## EXTRACTED RECORDS
[Start of Attachment]

-- ===== src/Calendar.antt =====
-- lib/etime.h and etime.cpp: the calendar's tables, leap years, and the time of day in a zone.
mod Tests
pub mod Fields
pub mod Parse
pub mod Years
pub mod Months
pub mod Shows
pub mod RoundTrip
pub mod Parts
use c_cpp_sandbox.Common.{
  ℕ, zero, suc, ◌+◌, ◌-◌, ◌*◌, ◌%◌, ◌^◌, Bool, true, false, Option, none, some, List, [], ◌∷◌, ltb,
  ◌==◌, ◌&&◌, ◌||◌, not, if◌then◌else◌, get_elem?, ℤ, pos, negsuc,
}

abbrev pub seconds_per_hour : ℕ
seconds_per_hour = 3600

abbrev pub seconds_per_minute : ℕ
seconds_per_minute = 60

abbrev pub seconds_per_day : ℕ
seconds_per_day = 86400

abbrev pub seconds_per_non_leap_year : ℕ
seconds_per_non_leap_year = 31536000

unfoldable pub is_leap_year : ℕ → Bool
is_leap_year year =
    (year % 4 == 0) && (not (year % 100 == 0) || ((year % 100 == 0) && (year % 400 == 0)))

-- `RUNNING_SECONDS_UP_UNTIL_MONTH_NON_LEAP_YEAR`
abbrev pub running_seconds_non_leap_year : List ℕ
running_seconds_non_leap_year =
    0
    ∷ seconds_per_day * 31
    ∷ seconds_per_day * 59
    ∷ seconds_per_day * 90
    ∷ seconds_per_day * 120
    ∷ seconds_per_day * 151
    ∷ seconds_per_day * 181
    ∷ seconds_per_day * 212
    ∷ seconds_per_day * 243
    ∷ seconds_per_day * 273
    ∷ seconds_per_day * 304
    ∷ seconds_per_day * 334
    ∷ seconds_per_day * 365
    ∷ []

-- `RUNNING_SECONDS_UP_UNTIL_MONTH_LEAP_YEAR`
abbrev pub running_seconds_leap_year : List ℕ
running_seconds_leap_year =
    0
    ∷ seconds_per_day * 31
    ∷ seconds_per_day * 60
    ∷ seconds_per_day * 91
    ∷ seconds_per_day * 121
    ∷ seconds_per_day * 152
    ∷ seconds_per_day * 182
    ∷ seconds_per_day * 213
    ∷ seconds_per_day * 244
    ∷ seconds_per_day * 274
    ∷ seconds_per_day * 305
    ∷ seconds_per_day * 335
    ∷ seconds_per_day * 366
    ∷ []

abbrev pub running_seconds : ℕ → List ℕ
running_seconds year =
    if is_leap_year year then running_seconds_leap_year else running_seconds_non_leap_year

-- `month - 1` of a `uint8_t` 0 is -1: `none` is a read outside the table.
unfoldable pub seconds_up_until_month : ℕ → ℕ → Option ℕ
seconds_up_until_month zero year = none
seconds_up_until_month (suc month) year = get_elem? (running_seconds year) month

-- The loop of `getNumLeapYears`; `none` when the fuel runs out.
unfoldable pub leap_years_loop : ℕ → ℕ → ℕ → ℕ → Option ℕ
leap_years_loop zero year_cursor year num_leap_years = none
leap_years_loop (suc fuel) year_cursor year num_leap_years = elim (ltb year_cursor year) [
  | false ↦ some num_leap_years
  | true ↦
      leap_years_loop fuel ((year_cursor + 4) % 65536) year
        (if is_leap_year year_cursor then (num_leap_years + 1) % 65536 else num_leap_years)
]

-- A quarter of the rounds that 16-bit years leave room for is enough, when there is an end.
unfoldable pub get_num_leap_years : ℕ → Option ℕ
unfolding leap_years_loop
get_num_leap_years year = leap_years_loop 16384 1972 year 0

-- `OFFSETS`
abbrev pub offsets : List ℤ
offsets =
    negsuc 1199
    ∷ negsuc 1099
    ∷ negsuc 999
    ∷ negsuc 899
    ∷ negsuc 799
    ∷ negsuc 699
    ∷ negsuc 599
    ∷ negsuc 499
    ∷ negsuc 399
    ∷ negsuc 299
    ∷ negsuc 199
    ∷ negsuc 99
    ∷ pos 0
    ∷ pos 100
    ∷ pos 200
    ∷ pos 300
    ∷ pos 330
    ∷ pos 400
    ∷ pos 430
    ∷ pos 500
    ∷ pos 530
    ∷ pos 545
    ∷ pos 600
    ∷ pos 700
    ∷ pos 800
    ∷ pos 900
    ∷ pos 930
    ∷ pos 1000
    ∷ pos 1030
    ∷ pos 1100
    ∷ pos 1200
    ∷ pos 1245
    ∷ pos 1300
    ∷ pos 1345
    ∷ pos 1400
    ∷ []

abbrev pub same_int : ℤ → ℤ → Bool
same_int (pos a) (pos b) = a == b
same_int (negsuc a) (negsuc b) = a == b
same_int a b = false

abbrev pub offsets_contains : List ℤ → ℤ → Bool
offsets_contains [] offset = false
offsets_contains (x ∷ l) offset = if same_int x offset then true else offsets_contains l offset

-- `APPLICATION_TIME_OFFSET` behind the call, or `none` for the exception.
unfoldable pub set_application_time_offset : ℤ → Option ℤ
set_application_time_offset offset =
    if not (offsets_contains offsets offset) then none else some offset

-- `static_cast<uint64_t>(seconds + offset * SECONDS_PER_HOUR)`
abbrev pub shift_hours : ℕ → ℤ → ℕ
shift_hours seconds (pos n) = (seconds + n * seconds_per_hour) % 2 ^ 64
shift_hours seconds (negsuc n) = (seconds + 2 ^ 64 - suc n * seconds_per_hour) % 2 ^ 64

-- `getZonedEpochTime` off Windows, when the clock says `tv_sec`: the time, and `offset` behind it.
unfoldable pub get_zoned_epoch_time : ℤ → ℕ → ℤ → ℕ × ℤ
get_zoned_epoch_time application_time_offset tv_sec offset =
    let offset' =
      if not (offsets_contains offsets offset) then application_time_offset else offset in
    (shift_hours tv_sec offset', offset')

unfoldable pub get_utc_epoch_time : ℤ → ℕ → ℕ
unfolding get_zoned_epoch_time
get_utc_epoch_time application_time_offset tv_sec =
    (get_zoned_epoch_time application_time_offset tv_sec (pos 0)).0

[End of Attachment]

## EXERCISE REQUIREMENTS
Please make an exact copy of each record.

## SOLUTION TO THIS PROBLEM
-- ===== src/Calendar.antt =====
-- lib/etime.h and etime.cpp: the calendar's tables, leap years, and the time of day in a zone.
mod Tests
pub mod Fields
pub mod Parse
pub mod Years
pub mod Months
pub mod Shows
pub mod RoundTrip
pub mod Parts
use c_cpp_sandbox.Common.{
  ℕ, zero, suc, ◌+◌, ◌-◌, ◌*◌, ◌%◌, ◌^◌, Bool, true, false, Option, none, some, List, [], ◌∷◌, ltb,
  ◌==◌, ◌&&◌, ◌||◌, not, if◌then◌else◌, get_elem?, ℤ, pos, negsuc,
}

abbrev pub seconds_per_hour : ℕ
seconds_per_hour = 3600

abbrev pub seconds_per_minute : ℕ
seconds_per_minute = 60

abbrev pub seconds_per_day : ℕ
seconds_per_day = 86400

abbrev pub seconds_per_non_leap_year : ℕ
seconds_per_non_leap_year = 31536000

unfoldable pub is_leap_year : ℕ → Bool
is_leap_year year =
    (year % 4 == 0) && (not (year % 100 == 0) || ((year % 100 == 0) && (year % 400 == 0)))

-- `RUNNING_SECONDS_UP_UNTIL_MONTH_NON_LEAP_YEAR`
abbrev pub running_seconds_non_leap_year : List ℕ
running_seconds_non_leap_year =
    0
    ∷ seconds_per_day * 31
    ∷ seconds_per_day * 59
    ∷ seconds_per_day * 90
    ∷ seconds_per_day * 120
    ∷ seconds_per_day * 151
    ∷ seconds_per_day * 181
    ∷ seconds_per_day * 212
    ∷ seconds_per_day * 243
    ∷ seconds_per_day * 273
    ∷ seconds_per_day * 304
    ∷ seconds_per_day * 334
    ∷ seconds_per_day * 365
    ∷ []

-- `RUNNING_SECONDS_UP_UNTIL_MONTH_LEAP_YEAR`
abbrev pub running_seconds_leap_year : List ℕ
running_seconds_leap_year =
    0
    ∷ seconds_per_day * 31
    ∷ seconds_per_day * 60
    ∷ seconds_per_day * 91
    ∷ seconds_per_day * 121
    ∷ seconds_per_day * 152
    ∷ seconds_per_day * 182
    ∷ seconds_per_day * 213
    ∷ seconds_per_day * 244
    ∷ seconds_per_day * 274
    ∷ seconds_per_day * 305
    ∷ seconds_per_day * 335
    ∷ seconds_per_day * 366
    ∷ []

abbrev pub running_seconds : ℕ → List ℕ
running_seconds year =
    if is_leap_year year then running_seconds_leap_year else running_seconds_non_leap_year

-- `month - 1` of a `uint8_t` 0 is -1: `none` is a read outside the table.
unfoldable pub seconds_up_until_month : ℕ → ℕ → Option ℕ
seconds_up_until_month zero year = none
seconds_up_until_month (suc month) year = get_elem? (running_seconds year) month

-- The loop of `getNumLeapYears`; `none` when the fuel runs out.
unfoldable pub leap_years_loop : ℕ → ℕ → ℕ → ℕ → Option ℕ
leap_years_loop zero year_cursor year num_leap_years = none
leap_years_loop (suc fuel) year_cursor year num_leap_years = elim (ltb year_cursor year) [
  | false ↦ some num_leap_years
  | true ↦
      leap_years_loop fuel ((year_cursor + 4) % 65536) year
        (if is_leap_year year_cursor then (num_leap_years + 1) % 65536 else num_leap_years)
]

-- A quarter of the rounds that 16-bit years leave room for is enough, when there is an end.
unfoldable pub get_num_leap_years : ℕ → Option ℕ
unfolding leap_years_loop
get_num_leap_years year = leap_years_loop 16384 1972 year 0

-- `OFFSETS`
abbrev pub offsets : List ℤ
offsets =
    negsuc 1199
    ∷ negsuc 1099
    ∷ negsuc 999
    ∷ negsuc 899
    ∷ negsuc 799
    ∷ negsuc 699
    ∷ negsuc 599
    ∷ negsuc 499
    ∷ negsuc 399
    ∷ negsuc 299
    ∷ negsuc 199
    ∷ negsuc 99
    ∷ pos 0
    ∷ pos 100
    ∷ pos 200
    ∷ pos 300
    ∷ pos 330
    ∷ pos 400
    ∷ pos 430
    ∷ pos 500
    ∷ pos 530
    ∷ pos 545
    ∷ pos 600
    ∷ pos 700
    ∷ pos 800
    ∷ pos 900
    ∷ pos 930
    ∷ pos 1000
    ∷ pos 1030
    ∷ pos 1100
    ∷ pos 1200
    ∷ pos 1245
    ∷ pos 1300
    ∷ pos 1345
    ∷ pos 1400
    ∷ []

abbrev pub same_int : ℤ → ℤ → Bool
same_int (pos a) (pos b) = a == b
same_int (negsuc a) (negsuc b) = a == b
same_int a b = false

abbrev pub offsets_contains : List ℤ → ℤ → Bool
offsets_contains [] offset = false
offsets_contains (x ∷ l) offset = if same_int x offset then true else offsets_contains l offset

-- `APPLICATION_TIME_OFFSET` behind the call, or `none` for the exception.
unfoldable pub set_application_time_offset : ℤ → Option ℤ
set_application_time_offset offset =
    if not (offsets_contains offsets offset) then none else some offset

-- `static_cast<uint64_t>(seconds + offset * SECONDS_PER_HOUR)`
abbrev pub shift_hours : ℕ → ℤ → ℕ
shift_hours seconds (pos n) = (seconds + n * seconds_per_hour) % 2 ^ 64
shift_hours seconds (negsuc n) = (seconds + 2 ^ 64 - suc n * seconds_per_hour) % 2 ^ 64

-- `getZonedEpochTime` off Windows, when the clock says `tv_sec`: the time, and `offset` behind it.
unfoldable pub get_zoned_epoch_time : ℤ → ℕ → ℤ → ℕ × ℤ
get_zoned_epoch_time application_time_offset tv_sec offset =
    let offset' =
      if not (offsets_contains offsets offset) then application_time_offset else offset in
    (shift_hours tv_sec offset', offset')

unfoldable pub get_utc_epoch_time : ℤ → ℕ → ℕ
unfolding get_zoned_epoch_time
get_utc_epoch_time application_time_offset tv_sec =
    (get_zoned_epoch_time application_time_offset tv_sec (pos 0)).0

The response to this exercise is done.